Well, the spotting became a full blown period. I am so surprised, as that has never happened to me before. Usually, I have to stop the Prometrium and a couple days later my cycle will begin. I plan to ask about this and see if there is something else we should be doing. I have always believed that part of my problem is a luteal phase defect and low progesterone. I am wondering if they will change the protocol this next round.

Day One means a lot of things… disappointment… annoyance… cramps… but it also marks the beginning of the next cycle. I am happy to move on and try again, but also a bit sad.

This will be Follistim / IUI cycle #4. When Ryan and I talked about how many of these we’d try, we always said 5. Dr. Synn agreed with that decision. If we stick with the plan, that means we have only 2 more of these treatments before we hit a crossroad.

Do we stop there and start saving for IVF? At $10,000 - $12,000, we could be on hold for a long while. But when we did try again, our chances of success would be nearly twice as much as this treatment. Then again, I did get pregnant on this treatment. And we could try this route four or five more times for the cost of one IVF. It is a difficult dilemma. I guess the first step is to ask if the chances for success with Follistim decrease with continued use, as they do with Clomid.

And then there is the option of adoption, which we are open to.

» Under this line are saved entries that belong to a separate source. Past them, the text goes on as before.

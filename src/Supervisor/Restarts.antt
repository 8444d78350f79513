-- ===== src/Supervisor/Restarts.antt =====
-- The restart of the remote-control servers, supervisor.py: `_remote_control_gave_up`,
-- `_restart_after_backoff`, and the health check of `run_supervisor` over the servers.
-- The operating system answers as a function of what was done before; a delay is a number of ticks.
use loony_dev.Prelude.{
  ◌+◌, [], ◌∷◌, ◌+◌, [], ◌∷◌, ◌++◌, ℤ, leb, ltb, ◌*◌, Option, Bool, ℕ, List, Text, zero, suc, none,
  some, true, false, if◌then◌else◌,
}
use loony_dev.Prelude.Dictionary.{Dict, insert, remove}

pub data Status : Type 0 where
  running : Status
  restarting : Status
  errored : Status

-- What the health check does for a repository's server.
pub data Effect : Type 0 where
  remove_pid_file : Text → Effect
  remove_connection_file : Text → Effect
  write_connection_file : Text → Status → Effect
  sleep : ℕ → Effect
  launch : Text → Effect

abbrev pub Effects : Type 0
Effects = List Effect

pub record RemoteControl : Type 0 where
  pub restart_count : ℕ

pub record System : Type 0 where
  pub exitcode : Effects → Text → Option ℤ
  pub graceful_shutdown : Effects → Bool
  pub shutdown_requested : Effects → Bool
  pub launches : Effects → Text → Bool

pub record Settings : Type 0 where
  pub min_restart_delay : ℕ
  pub max_restart_delay : ℕ
  pub max_restart_retries : ℕ

abbrev pub Servers : Type 0
Servers = Dict RemoteControl × Effects

unfoldable pub remote_control_gave_up : ℕ → ℕ → Bool
remote_control_gave_up restart_count max_retries = leb max_retries restart_count

-- `min_restart_delay * 2 ** restart_count`
unfoldable pub doubled : ℕ → ℕ → ℕ
doubled delay zero = delay
doubled delay (suc n) = doubled (delay * 2) n

unfoldable pub restart_delay : Settings → ℕ → ℕ
unfolding doubled
restart_delay cfg n =
    let delay = doubled cfg.min_restart_delay n in
    if ltb cfg.max_restart_delay delay then cfg.max_restart_delay else delay

module _ (os : System) (cfg : Settings) where
  -- `_restart_after_backoff`, with `none` for a delay that was cut short or a failed launch.
  unfoldable pub restart_after_backoff :
      Text → RemoteControl → Effects → Option RemoteControl × Effects
  unfolding restart_delay
  restart_after_backoff repo rcp fx =
      let slept = fx ++ sleep (restart_delay cfg rcp.restart_count) ∷ [] in
      if os.shutdown_requested slept
      then (none, slept)
      else if os.launches slept repo
      then (some (record { restart_count = rcp.restart_count + 1 }), slept ++ launch repo ∷ [])
      else (none, slept ++ launch repo ∷ [])

  -- The new record is stored unless a shutdown came meanwhile.
  unfoldable pub store : Text → Dict RemoteControl → Option RemoteControl × Effects → Servers × Bool
  store repo controls (none, fx) = ((controls, fx), os.shutdown_requested fx)
  store repo controls (some rcp, fx) =
      if os.shutdown_requested fx
      then ((controls, fx), true)
      else ((insert repo rcp controls, fx), false)

  unfoldable pub restart : Text → RemoteControl → Servers → Servers × Bool
  unfolding restart_after_backoff store
  restart repo rcp (controls, fx) =
      store repo controls
        (restart_after_backoff repo rcp (fx ++ write_connection_file repo restarting ∷ []))

  -- A server whose process has ended, outside a graceful shutdown.
  unfoldable pub on_crash : Text → RemoteControl → Servers → Servers × Bool
  unfolding remote_control_gave_up restart
  on_crash repo rcp (controls, fx) =
      let fx' = fx ++ remove_pid_file repo ∷ [] in
      if remote_control_gave_up rcp.restart_count cfg.max_restart_retries
      then ((remove repo controls, fx' ++ write_connection_file repo errored ∷ []), false)
      else restart repo rcp (controls, fx')

  -- One iteration of the loop, and whether it breaks.
  unfoldable pub check_server : Text → RemoteControl → Servers → Servers × Bool
  unfolding on_crash
  check_server repo rcp (controls, fx) = elim (os.exitcode fx repo) [
    | none ↦ ((controls, fx), false)
    | some rc ↦
        if os.graceful_shutdown fx
        then (
          (remove repo controls, fx ++ remove_pid_file repo ∷ remove_connection_file repo ∷ []),
          false,
        )
        else on_crash repo rcp (controls, fx)
  ]

  unfoldable pub check_items : Dict RemoteControl → Servers → Servers
  unfolding check_server
  check_items [] servers = servers
  check_items ((repo, rcp) ∷ items) servers =
      let (after, broken) = check_server repo rcp servers in
      let rest = check_items items after in if broken then after else rest

  -- The health check of the servers, over the items of the map at its start.
  unfoldable pub check_remote_controls : Servers → Servers
  unfolding check_items
  check_remote_controls (controls, fx) = check_items controls (controls, fx)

The problem is it will cost nearly as much as the IVF (as of now) and the information I’m getting from LDS family services (the agency we’d most likely use) is discouraging. Hundreds of adoptive couples, a small amount of babies available, and higher fees on the horizon (possibly double what they are now) is not good news for wanna-be parents like us.

My hope is that I won’t have to make these tough choices… that the next cycle is the winner.

My base ultrasound is tomorrow.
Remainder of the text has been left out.